И удрученный Художник замолчал, впервые в жизни не завершив тоста. Мэн, не терпевший незавершенки, приподнялся из гроба и что-то прошептал Художнику. Художник благодарно кивнул головой, отвернулся от всех, снял штаны, что-то проделал и торжественно повернулся к толпе. Все ахнули. Метафора «завязал» получила реальное воплощение. Шоумен зааплодировал, два раза вызвал Художника на поклон и предоставил слово Поэту. Мэн затосковал, так как не шибко уважал поэзию Поэта. Но когда Поэт начал, Мэн просветлел:
– Погиб наш Мэн, невольник дури.
Пал, оклеветанный судьбой.
С вином в груди и жаждой бури.
Поникнув гордой головой.
Поэт запнулся, полузадушенный собственными рыданьями. Мэн поднялся и закончил:
– Увы, к чему теперь рыданья,
Чужих похвал ненужный хор
И жалкий лепет оправданий…
– Да никто и не собирается оправдываться, – раздался голос из толпы. – Умер так умер. И не порть нам церемонию. Хоть раз в жизни будь человеком!
Но Мэн не был бы Мэном, если бы не парировал:
– В какой жизни, мудила? Я умер. И останусь человеком в смерти. – И опрокинулся навзничь.
И все вспомнили Мэна в жизни. Хорошо вспомнили. Мэн перевернулся в гробу.
– Наш концерт окончен! – провозгласил Шоумен и пригласил всех желающих проститься с Мэном.

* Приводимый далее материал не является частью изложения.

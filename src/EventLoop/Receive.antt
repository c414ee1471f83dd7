-- ===== src/EventLoop/Receive.antt =====
-- The loop of `handle_read`, for whatever bytes arrive.
use lloogg.Prelude.{
  ℕ, zero, suc, ◌+◌, ◌-◌, ◌≤◌, ◌<◌, ◌≡◌, inl, inr, false, All, IsByte, none, some, List, arith,
  length, leb, ◌==◌, Bool-cases, Option-cases,
}
use lloogg.Connection.{Connection}
use lloogg.EventLoop.{
  Sockets, got, Ended, waits, leaves, closes, fails, needed_of, received, read_loop, IoResult-cases,
}
use lloogg.EventLoop.Open.{IsOpen, needed_of-le}
use lloogg.EventLoop.Advance.{received-IsOpen}

-- A read returns bytes, and no more than it was asked for.
abbrev pub IsBounded : {S : Type 0} → Sockets S → Type 0
IsBounded {S} sockets =
    (net : S) (fd len : ℕ) (bytes : List ℕ)
    → (sockets.read net fd len).0 ≡ got bytes
    → (length bytes ≤ len) × All IsByte bytes

-- What the loop ends with: an open connection, and where it is left one that needs no more bytes.
abbrev pub IsEnded : ℕ → Ended → Type 0
IsEnded room (waits conn) = IsOpen room conn
IsEnded room (leaves conn) = IsOpen room conn × (needed_of conn ≡ none)
IsEnded room closes = Unit
IsEnded room fails = 1 ≤ 0

-- If every read returns bytes, and no more than it was asked for, the loop ends, whatever arrives, on fuel beyond the
-- bytes that a request of 26 still lacks. It never fails, a connection that it keeps is open again,
-- and one that it leaves is open and in a state in which nothing is read.
pub read_loop_lem :
    {S : Type 0} {room : ℕ} (sockets : Sockets S) (fuel : ℕ) (net : S) (fd : ℕ) (conn : Connection)
    → IsBounded sockets
    → IsOpen room conn
    → 26 - conn.rbuf_pos < fuel
    → (e : Ended) × (net' : S) × (read_loop sockets fuel net fd conn ≡ some (e, net'))
      × IsEnded room e
unfolding read_loop
read_loop_lem sockets zero net fd conn b i h = absurd (omega arith)
read_loop_lem sockets (suc fuel) net fd conn b i h = elim (Option-cases (needed_of conn)) [
  | inl left ↦ (leaves conn, net, rw (left, read_loop), (i, left))
  | inr (n, needed) ↦
      let (room, small) = needed_of-le conn i needed in
      let more : leb n conn.rbuf_pos ≡ false = ground arith in
      let asked : ℕ = n - conn.rbuf_pos in
      let net' = (sockets.read net fd asked).1 in
      elim (IoResult-cases (sockets.read net fd asked).0) [
        | inr (inl later) ↦ (waits conn, net', rw (needed, more, later, read_loop), i)
        | inr (inr broken) ↦ (closes, net', rw (needed, more, broken, read_loop), tt)
        | inl (bytes, arrived) ↦ elim (Bool-cases (length bytes == 0)) [
          | inl over ↦ (closes, net', rw (needed, more, arrived, over, read_loop), tt)
          | inr some_bytes ↦ elim (Option-cases (received conn bytes)) [
            | inl bad ↦ (closes, net', rw (needed, more, arrived, some_bytes, bad, read_loop), tt)
            | inr (c, kept) ↦
                let fits : conn.rbuf_pos + length bytes ≤ n =
                  omega (arith, (b net fd asked bytes arrived).0, room) in
                let (open_c, moved) =
                  received-IsOpen conn bytes i needed fits (b net fd asked bytes arrived).1 kept in
                let some_byte : 0 < length bytes = ground (arith, some_bytes) in
                let (e, net'', ran, ended) =
                  read_loop_lem sockets fuel net' fd c b open_c
                    (omega (arith, h, moved, some_byte, room, small)) in
                (e, net'', rw (needed, more, arrived, some_bytes, kept, read_loop) ran, ended)
          ]
        ]
      ]
]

Прощание несколько затянулось. Так как Мэн счел необходимым каждому сказать по паре слов, пожать руку, а некоторых поцеловать окоченевшими губами. А потом он умер, чрезвычайно довольный процедурой.
* * *
Мэн вернулся с собственных похорон в палату. Блондин и Брюнет слегка похрапывали. Мэн лежал без сна. Голова его наливалась тяжестью, во рту собиралась тягучая вязкая слюна. Он с трудом встал с кровати, взял сигареты и тяжело пошел в курилку. Там он закурил и пошел в туалет, чтобы сплюнуть эту слюну, которая не давала дыму проникнуть в нос, пищевод, легкие… Он наклонился над унитазом и упал на спину. Глаза его закатились, челюсти сжались, а руки и ноги задергались в судорожном припадке. Он отключился. В голове не было ничего. Но постепенно что-то начало проявляться, глаза вернулись на место, челюсти разжались, оставив на кафеле сортира два вставных зуба, а руки и ноги обмякли. Над ним склонилась Медсестра. Она вынула шприц из вены и поднесла к губам Мэна стакан воды. Мэн выпил.
– Ну вот, Мэн, вы уже довольно сильно шагнули за край. Еще один такой припадок, и вы получите отек мозга и превратитесь в овощ.